[Items listed in a dataset]
● ● ● ● ●

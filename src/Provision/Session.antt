-- ===== src/Provision/Session.antt =====
-- The handlers of the other frames, and the link (firmware/ephemerkey-provision/src/lib.rs).
use ephemerkey.Common.{
  ℕ, zero, suc, ◌+◌, Bool, false, not, Option, none, some, ltb, leb, ◌==◌, ◌||◌, if◌then◌else◌, u32,
  List, [], ◌∷◌, ◌++◌, length, take, drop, get_u32, get_or, Run,
}
use ephemerkey.Cbor.{Result, ok, err, Enc, new_enc, ◌>>=◌}
use ephemerkey.Cbor.Encode
use ephemerkey.Cbor.Decode
use ephemerkey.Wire.{from_le_bytes, max_payload, encode}
use ephemerkey.Wire
use ephemerkey.Schema.{Event, event_encode}
use ephemerkey.Provision.{
  StoreOps, Crates, Xfer, Provisioner, Response, err_response, write_at, config_max, identity_req,
  identity_frame, challenge_frame, challenge_sig, config_begin, config_chunk, config_commit,
  events_req, events_frame, wifi_set_frame, wifi_status_req, wifi_status, ok_frame, bad_state,
  storage,
}
use ephemerkey.Provision.Verify.{signed_response, commit}

-- "ek-identify-v1".
abbrev pub ek_identify : List ℕ
ek_identify = 101 ∷ 107 ∷ 45 ∷ 105 ∷ 100 ∷ 101 ∷ 110 ∷ 116 ∷ 105 ∷ 102 ∷ 121 ∷ 45 ∷ 118 ∷ 49 ∷ []

-- `Dec::uint` and `Dec::tstr` with `.ok()`, and where they leave the decoder when they fail.
abbrev pub after_uint : Result ((ℕ × ℕ) × List ℕ) → List ℕ → Option ℕ × List ℕ
after_uint (err e) bs = (none, drop 1 bs)
after_uint (ok ((major, v), rest)) bs = (if major == 0 then some v else none, rest)

abbrev pub try_uint : List ℕ → Option ℕ × List ℕ
try_uint bs = after_uint (Decode.head bs) bs

abbrev pub after_text :
    (List ℕ → Bool) → Result (List ℕ × List ℕ) → List ℕ → Option (List ℕ) × List ℕ
after_text is_utf8 (err e) rest = (none, rest)
after_text is_utf8 (ok (s, rest')) rest = (if is_utf8 s then some s else none, rest')

abbrev pub after_head :
    (List ℕ → Bool) → Result ((ℕ × ℕ) × List ℕ) → List ℕ → Option (List ℕ) × List ℕ
after_head is_utf8 (err e) bs = (none, drop 1 bs)
after_head is_utf8 (ok ((major, v), rest)) bs =
    if major == 3 then after_text is_utf8 (Decode.take_bytes (u32 v) rest) rest else (none, rest)

abbrev pub try_tstr : (List ℕ → Bool) → List ℕ → Option (List ℕ) × List ℕ
try_tstr is_utf8 bs = after_head is_utf8 (Decode.head bs) bs

abbrev pub key_is : Option ℕ → ℕ → Bool
key_is none n = false
key_is (some k) n = k == n

-- The loop of `wifi_set`.
unfoldable pub wifi_fields :
    (List ℕ → Bool)
    → ℕ
    → Option (List ℕ)
    → Option (List ℕ)
    → List ℕ
    → Result (Option (List ℕ) × Option (List ℕ))
wifi_fields is_utf8 zero ssid psk bs = ok (ssid, psk)
wifi_fields is_utf8 (suc n) ssid psk bs =
    let (key, bs) = try_uint bs in
    if key_is key 1
    then (let (s, bs) = try_tstr is_utf8 bs in wifi_fields is_utf8 n s psk bs)
    else if key_is key 2
    then (let (s, bs) = try_tstr is_utf8 bs in wifi_fields is_utf8 n ssid s bs)
    else (Decode.skip bs >>= λ bs. wifi_fields is_utf8 n ssid psk bs)

abbrev pub or_empty : Option (List ℕ) → List ℕ
or_empty none = []
or_empty (some s) = s

-- The entries of the ring behind the sequence number `after`.
abbrev pub newer_than : ℕ → List (ℕ × ℕ × ℕ) → List Event
newer_than after [] = []
newer_than after ((seq, ts, kind) ∷ es) =
    let rest = newer_than after es in
    if ltb after seq
    then record { seq = seq; rtc_ts = ts; kind = kind; detail = none; chain_tag = none } ∷ rest
    else rest

unfoldable pub encode_events : List Event → Enc → Result Enc
encode_events [] e = ok e
encode_events (ev ∷ evs) e = event_encode ev e >>= λ e. encode_events evs e

unfoldable pub events_batch : List Event → Result (List ℕ)
events_batch evs =
    Encode.array (length evs) (new_enc 512) >>= (λ e. encode_events evs e) >>= λ e. ok e.out

-- The frames of the queue, each with its response as `encode` puts it on the wire.
abbrev pub sent : Option (List ℕ) → List (List ℕ) → List (List ℕ)
sent none rest = rest
sent (some bytes) rest = bytes ∷ rest

module _ {S : Type 0} (ops : StoreOps S) (crates : Crates) where
  unfoldable pub challenge : Provisioner S → List ℕ → Provisioner S × Response
  challenge p nonce =
      (p, (challenge_sig, crates.crypto.sign p.id.sign (ek_identify ++ take 64 nonce)))

  unfoldable pub begin : Provisioner S → List ℕ → Provisioner S × Response
  begin p payload =
      let len = from_le_bytes (get_or payload 0 0) (get_or payload 1 0) in
      if not (length payload == 10)
      then (p, err_response bad_state)
      else if len == 0 || ltb config_max len
      then (p, err_response bad_state)
      else (
        record p {
          xfer = some (record {
            len = len;
            filled = 0;
            seq_hint = get_u32 (drop 2 payload);
            crc = get_u32 (drop 6 payload);
          });
        },
        (ok_frame, []),
      )

  unfoldable pub chunk_of : Provisioner S → Option Xfer → List ℕ → Provisioner S × Response
  chunk_of p none payload = (p, err_response bad_state)
  chunk_of p (some x) payload =
      let off = from_le_bytes (get_or payload 0 0) (get_or payload 1 0) in
      let piece = drop 2 payload in
      if ltb (length payload) 2
      then (p, err_response bad_state)
      else if ltb x.len (off + length piece)
      then (p, err_response bad_state)
      else (
        record p {
          cfg_buf = write_at p.cfg_buf off piece;
          xfer = some (record x { filled = u32 (x.filled + length piece) });
        },
        (ok_frame, []),
      )

  unfoldable pub chunk : Provisioner S → List ℕ → Provisioner S × Response
  chunk p payload = chunk_of p p.xfer payload

  unfoldable pub identity : Provisioner S → Provisioner S × Response
  identity p = (
    p,
    signed_response crates p.id identity_frame (
        Encode.map 4 (new_enc 128)
        >>= (λ e. Encode.uint 1 e)
        >>= (λ e. Encode.bstr p.id.device_id e)
        >>= (λ e. Encode.uint 2 e)
        >>= (λ e. Encode.bstr (crates.public_key p.id.sign) e)
        >>= (λ e. Encode.uint 3 e)
        >>= (λ e. Encode.bstr (crates.crypto.kx_public p.id.kx_priv) e)
        >>= (λ e. Encode.uint 4 e)
        >>= (λ e. Encode.tstr p.id.fw e)
        >>= λ e. ok e.out),
  )

  unfoldable pub events_resp : Provisioner S → List ℕ → Provisioner S × Response
  events_resp p payload =
      let after = if leb 4 (length payload) then get_u32 payload else 0 in
      (p, signed_response crates p.id events_frame (events_batch (newer_than after p.events)))

  abbrev pub wifi_result : Provisioner S → S × Bool → Provisioner S × Response
  wifi_result p (store, done) =
      (record p { store = store }, if done then (ok_frame, []) else err_response storage)

  abbrev pub wifi_store :
      Provisioner S → Option (List ℕ) → Option (List ℕ) → Provisioner S × Response
  wifi_store p none psk = (p, err_response bad_state)
  wifi_store p (some []) psk = wifi_result p (ops.wifi_clear p.store)
  wifi_store p (some (c ∷ cs)) psk = wifi_result p (ops.wifi_set p.store (c ∷ cs) (or_empty psk))

  abbrev pub wifi_read :
      Provisioner S → Result (Option (List ℕ) × Option (List ℕ)) → Provisioner S × Response
  wifi_read p (err e) = (p, err_response bad_state)
  wifi_read p (ok (ssid, psk)) = wifi_store p ssid psk

  unfoldable pub wifi_set : Provisioner S → List ℕ → Provisioner S × Response
  wifi_set p payload =
      wifi_read p (Decode.map payload >>= λ (n, bs). wifi_fields crates.is_utf8 n none none bs)

  abbrev pub status_of : Result (List ℕ) → Response
  status_of (ok bytes) = (wifi_status, bytes)
  status_of (err e) = err_response bad_state

  unfoldable pub wifi_status_resp : Provisioner S → Provisioner S × Response
  wifi_status_resp p = (
    p,
    status_of (
        Encode.map 2 (new_enc max_payload)
        >>= (λ e. Encode.uint 1 e)
        >>= (λ e. Encode.uint 0 e)
        >>= (λ e. Encode.uint 2 e)
        >>= (λ e. Encode.tstr (or_empty (ops.wifi_ssid p.store)) e)
        >>= λ e. ok e.out),
  )

  unfoldable pub handle : Provisioner S → ℕ → List ℕ → Provisioner S × Response
  handle p ftype payload =
      if ftype == identity_req
      then identity p
      else if ftype == challenge_frame
      then challenge p payload
      else if ftype == config_begin
      then begin p payload
      else if ftype == config_chunk
      then chunk p payload
      else if ftype == config_commit
      then commit ops crates p
      else if ftype == events_req
      then events_resp p payload
      else if ftype == wifi_set_frame
      then wifi_set p payload
      else if ftype == wifi_status_req
      then wifi_status_resp p
      else (p, err_response bad_state)

  unfoldable pub handle_all : Provisioner S → List (ℕ × List ℕ) → Provisioner S × List (List ℕ)
  handle_all p [] = (p, [])
  handle_all p ((ftype, payload) ∷ fs) =
      let (p1, (rtype, resp)) = handle p ftype payload in
      let (p2, out) = handle_all p1 fs in (p2, sent (encode (max_payload + 8) rtype resp) out)

  -- The queue holds two frames: those behind them in one call are dropped.
  abbrev pub handled :
      Provisioner S → Run (List ℕ × List (ℕ × List ℕ)) → Run (Provisioner S × List (List ℕ))
  handled p none = none
  handled p (some (buf, frames)) = some (handle_all (record p { parser = buf }) (take 2 frames))

  unfoldable pub feed : Provisioner S → List ℕ → Run (Provisioner S × List (List ℕ))
  feed p bytes = handled p (Wire.feed p.parser bytes)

● ● ● ● ●

**TASK DESCRIPTION**
When the line with "abbrev pub newer_than" is reached in the data above, start copying there, and copy each line exactly until the line with "let len = from_le_bytes" has been copied; copy nothing else.

**FINISHED EXERCISE**
abbrev pub newer_than : ℕ → List (ℕ × ℕ × ℕ) → List Event
newer_than after [] = []
newer_than after ((seq, ts, kind) ∷ es) =
    let rest = newer_than after es in
    if ltb after seq
    then record { seq = seq; rtc_ts = ts; kind = kind; detail = none; chain_tag = none } ∷ rest
    else rest

unfoldable pub encode_events : List Event → Enc → Result Enc
encode_events [] e = ok e
encode_events (ev ∷ evs) e = event_encode ev e >>= λ e. encode_events evs e

unfoldable pub events_batch : List Event → Result (List ℕ)
events_batch evs =
    Encode.array (length evs) (new_enc 512) >>= (λ e. encode_events evs e) >>= λ e. ok e.out

-- The frames of the queue, each with its response as `encode` puts it on the wire.
abbrev pub sent : Option (List ℕ) → List (List ℕ) → List (List ℕ)
sent none rest = rest
sent (some bytes) rest = bytes ∷ rest

module _ {S : Type 0} (ops : StoreOps S) (crates : Crates) where
  unfoldable pub challenge : Provisioner S → List ℕ → Provisioner S × Response
  challenge p nonce =
      (p, (challenge_sig, crates.crypto.sign p.id.sign (ek_identify ++ take 64 nonce)))

  unfoldable pub begin : Provisioner S → List ℕ → Provisioner S × Response
  begin p payload =
      let len = from_le_bytes (get_or payload 0 0) (get_or payload 1 0) in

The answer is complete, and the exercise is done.